ACTIVITY: Take the line that contains "unfolding abort_removed" as the first and the last line of the material as the final one; set down exactly the lines in that span.

DATA RECORDS:
----------------

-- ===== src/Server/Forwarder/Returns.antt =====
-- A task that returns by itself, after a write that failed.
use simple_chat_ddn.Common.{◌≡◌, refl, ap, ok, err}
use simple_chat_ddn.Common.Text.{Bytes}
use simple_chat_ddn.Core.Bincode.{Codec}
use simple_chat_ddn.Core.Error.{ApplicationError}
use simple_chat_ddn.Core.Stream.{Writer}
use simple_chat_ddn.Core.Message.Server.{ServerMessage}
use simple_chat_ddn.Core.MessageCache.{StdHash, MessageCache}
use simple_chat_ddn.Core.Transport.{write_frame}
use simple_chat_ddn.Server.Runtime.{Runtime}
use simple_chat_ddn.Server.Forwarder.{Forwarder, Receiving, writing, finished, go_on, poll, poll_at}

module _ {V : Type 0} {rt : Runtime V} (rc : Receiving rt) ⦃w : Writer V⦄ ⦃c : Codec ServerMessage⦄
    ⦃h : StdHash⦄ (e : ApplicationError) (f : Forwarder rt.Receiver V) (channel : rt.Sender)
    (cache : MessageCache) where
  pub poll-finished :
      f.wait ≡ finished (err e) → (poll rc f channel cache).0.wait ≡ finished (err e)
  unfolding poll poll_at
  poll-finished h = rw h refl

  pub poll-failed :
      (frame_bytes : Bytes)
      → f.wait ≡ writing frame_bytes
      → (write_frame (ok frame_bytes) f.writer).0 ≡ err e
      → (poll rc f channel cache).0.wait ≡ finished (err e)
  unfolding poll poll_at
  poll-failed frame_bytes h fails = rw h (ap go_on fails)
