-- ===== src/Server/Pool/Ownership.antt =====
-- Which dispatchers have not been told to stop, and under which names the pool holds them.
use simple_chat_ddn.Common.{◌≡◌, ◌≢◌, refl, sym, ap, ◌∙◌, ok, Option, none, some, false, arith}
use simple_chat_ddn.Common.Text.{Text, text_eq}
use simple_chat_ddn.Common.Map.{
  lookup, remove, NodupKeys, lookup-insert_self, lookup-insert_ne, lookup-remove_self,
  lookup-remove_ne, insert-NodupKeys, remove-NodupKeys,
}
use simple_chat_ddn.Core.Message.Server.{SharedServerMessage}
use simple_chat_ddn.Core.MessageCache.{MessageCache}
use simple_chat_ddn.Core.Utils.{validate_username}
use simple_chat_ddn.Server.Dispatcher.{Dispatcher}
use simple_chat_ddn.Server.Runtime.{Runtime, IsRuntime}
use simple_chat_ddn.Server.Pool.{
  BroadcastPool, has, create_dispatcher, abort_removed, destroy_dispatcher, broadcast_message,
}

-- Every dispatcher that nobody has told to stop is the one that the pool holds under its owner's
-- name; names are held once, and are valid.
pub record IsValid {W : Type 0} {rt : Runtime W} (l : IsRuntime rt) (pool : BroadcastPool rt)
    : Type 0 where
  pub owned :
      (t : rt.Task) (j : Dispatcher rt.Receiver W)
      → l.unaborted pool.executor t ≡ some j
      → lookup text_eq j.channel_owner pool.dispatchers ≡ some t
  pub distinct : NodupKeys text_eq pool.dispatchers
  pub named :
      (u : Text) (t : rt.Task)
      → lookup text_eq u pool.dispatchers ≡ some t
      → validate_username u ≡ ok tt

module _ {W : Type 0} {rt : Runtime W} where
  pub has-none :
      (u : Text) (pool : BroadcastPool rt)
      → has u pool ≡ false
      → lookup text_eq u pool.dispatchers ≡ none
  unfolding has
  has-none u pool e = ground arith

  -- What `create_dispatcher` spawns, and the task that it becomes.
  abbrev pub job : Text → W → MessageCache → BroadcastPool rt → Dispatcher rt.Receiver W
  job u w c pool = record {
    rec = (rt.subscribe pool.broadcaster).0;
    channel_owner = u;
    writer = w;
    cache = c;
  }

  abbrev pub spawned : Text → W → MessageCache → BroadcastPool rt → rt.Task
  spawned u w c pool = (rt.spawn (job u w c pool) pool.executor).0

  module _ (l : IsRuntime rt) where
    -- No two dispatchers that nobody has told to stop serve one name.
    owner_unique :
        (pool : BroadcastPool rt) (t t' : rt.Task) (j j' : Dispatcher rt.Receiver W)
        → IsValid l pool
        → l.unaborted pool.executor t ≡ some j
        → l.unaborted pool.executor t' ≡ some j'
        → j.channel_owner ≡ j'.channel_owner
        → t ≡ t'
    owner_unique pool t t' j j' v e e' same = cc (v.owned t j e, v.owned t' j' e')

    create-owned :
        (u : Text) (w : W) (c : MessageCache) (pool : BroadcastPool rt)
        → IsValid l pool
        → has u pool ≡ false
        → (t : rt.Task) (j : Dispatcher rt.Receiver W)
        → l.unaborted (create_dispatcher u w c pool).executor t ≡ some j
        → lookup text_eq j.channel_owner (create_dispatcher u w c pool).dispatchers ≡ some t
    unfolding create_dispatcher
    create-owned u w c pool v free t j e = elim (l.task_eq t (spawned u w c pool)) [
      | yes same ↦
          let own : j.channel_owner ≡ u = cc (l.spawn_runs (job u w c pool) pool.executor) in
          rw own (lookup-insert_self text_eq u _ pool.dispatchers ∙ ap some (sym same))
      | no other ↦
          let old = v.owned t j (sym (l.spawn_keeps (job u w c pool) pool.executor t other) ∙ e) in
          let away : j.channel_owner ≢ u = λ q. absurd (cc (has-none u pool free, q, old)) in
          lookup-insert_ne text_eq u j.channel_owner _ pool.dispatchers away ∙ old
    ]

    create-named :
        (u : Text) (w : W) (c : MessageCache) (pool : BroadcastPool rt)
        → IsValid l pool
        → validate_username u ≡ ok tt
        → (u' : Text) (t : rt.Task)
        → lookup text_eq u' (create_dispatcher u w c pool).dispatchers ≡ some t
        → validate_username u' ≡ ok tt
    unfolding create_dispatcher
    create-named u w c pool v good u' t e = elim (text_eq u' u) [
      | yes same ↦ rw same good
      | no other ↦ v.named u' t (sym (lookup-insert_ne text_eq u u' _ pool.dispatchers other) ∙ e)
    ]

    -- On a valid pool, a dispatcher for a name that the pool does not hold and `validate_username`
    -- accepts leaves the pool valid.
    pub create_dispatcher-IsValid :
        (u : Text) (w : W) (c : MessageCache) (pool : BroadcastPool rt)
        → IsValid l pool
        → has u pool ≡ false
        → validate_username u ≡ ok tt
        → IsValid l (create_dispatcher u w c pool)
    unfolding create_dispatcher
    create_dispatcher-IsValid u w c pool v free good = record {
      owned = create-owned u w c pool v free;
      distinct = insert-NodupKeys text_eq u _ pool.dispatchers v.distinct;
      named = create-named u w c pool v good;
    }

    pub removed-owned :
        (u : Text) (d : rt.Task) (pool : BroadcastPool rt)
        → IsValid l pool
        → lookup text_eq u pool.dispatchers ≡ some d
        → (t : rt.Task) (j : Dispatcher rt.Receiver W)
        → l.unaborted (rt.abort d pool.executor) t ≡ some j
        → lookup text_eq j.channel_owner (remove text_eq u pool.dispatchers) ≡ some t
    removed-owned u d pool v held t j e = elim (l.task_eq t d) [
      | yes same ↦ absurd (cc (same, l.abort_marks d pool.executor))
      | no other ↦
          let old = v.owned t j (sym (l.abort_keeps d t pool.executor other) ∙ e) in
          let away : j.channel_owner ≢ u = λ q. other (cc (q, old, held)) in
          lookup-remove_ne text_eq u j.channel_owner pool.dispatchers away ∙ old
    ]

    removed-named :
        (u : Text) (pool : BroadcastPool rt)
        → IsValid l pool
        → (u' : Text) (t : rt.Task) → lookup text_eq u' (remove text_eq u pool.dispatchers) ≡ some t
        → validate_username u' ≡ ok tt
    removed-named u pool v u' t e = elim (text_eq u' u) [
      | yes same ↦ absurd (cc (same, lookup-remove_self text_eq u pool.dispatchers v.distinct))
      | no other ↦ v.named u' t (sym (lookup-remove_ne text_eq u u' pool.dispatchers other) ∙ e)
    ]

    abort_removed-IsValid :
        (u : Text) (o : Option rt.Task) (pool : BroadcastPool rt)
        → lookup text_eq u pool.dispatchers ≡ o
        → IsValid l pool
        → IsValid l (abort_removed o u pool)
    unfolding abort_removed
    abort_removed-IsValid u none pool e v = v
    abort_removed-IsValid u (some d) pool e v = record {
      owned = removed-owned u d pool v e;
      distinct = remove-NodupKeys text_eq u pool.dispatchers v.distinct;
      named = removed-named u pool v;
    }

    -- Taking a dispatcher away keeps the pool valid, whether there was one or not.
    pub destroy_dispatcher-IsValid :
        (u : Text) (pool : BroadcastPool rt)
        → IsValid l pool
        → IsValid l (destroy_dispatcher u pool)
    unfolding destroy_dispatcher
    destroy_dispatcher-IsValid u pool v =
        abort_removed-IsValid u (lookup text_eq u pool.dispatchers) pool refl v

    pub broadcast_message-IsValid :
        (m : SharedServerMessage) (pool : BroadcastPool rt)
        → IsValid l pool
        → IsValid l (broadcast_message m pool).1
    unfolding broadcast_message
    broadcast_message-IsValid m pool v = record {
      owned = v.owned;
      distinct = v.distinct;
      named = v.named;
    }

----------------

REPLY:
    unfolding abort_removed
    abort_removed-IsValid u none pool e v = v
    abort_removed-IsValid u (some d) pool e v = record {
      owned = removed-owned u d pool v e;
      distinct = remove-NodupKeys text_eq u pool.dispatchers v.distinct;
      named = removed-named u pool v;
    }

    -- Taking a dispatcher away keeps the pool valid, whether there was one or not.
    pub destroy_dispatcher-IsValid :
        (u : Text) (pool : BroadcastPool rt)
        → IsValid l pool
        → IsValid l (destroy_dispatcher u pool)
    unfolding destroy_dispatcher
    destroy_dispatcher-IsValid u pool v =
        abort_removed-IsValid u (lookup text_eq u pool.dispatchers) pool refl v

    pub broadcast_message-IsValid :
        (m : SharedServerMessage) (pool : BroadcastPool rt)
        → IsValid l pool
        → IsValid l (broadcast_message m pool).1
    unfolding broadcast_message
    broadcast_message-IsValid m pool v = record {
      owned = v.owned;
      distinct = v.distinct;
      named = v.named;
    }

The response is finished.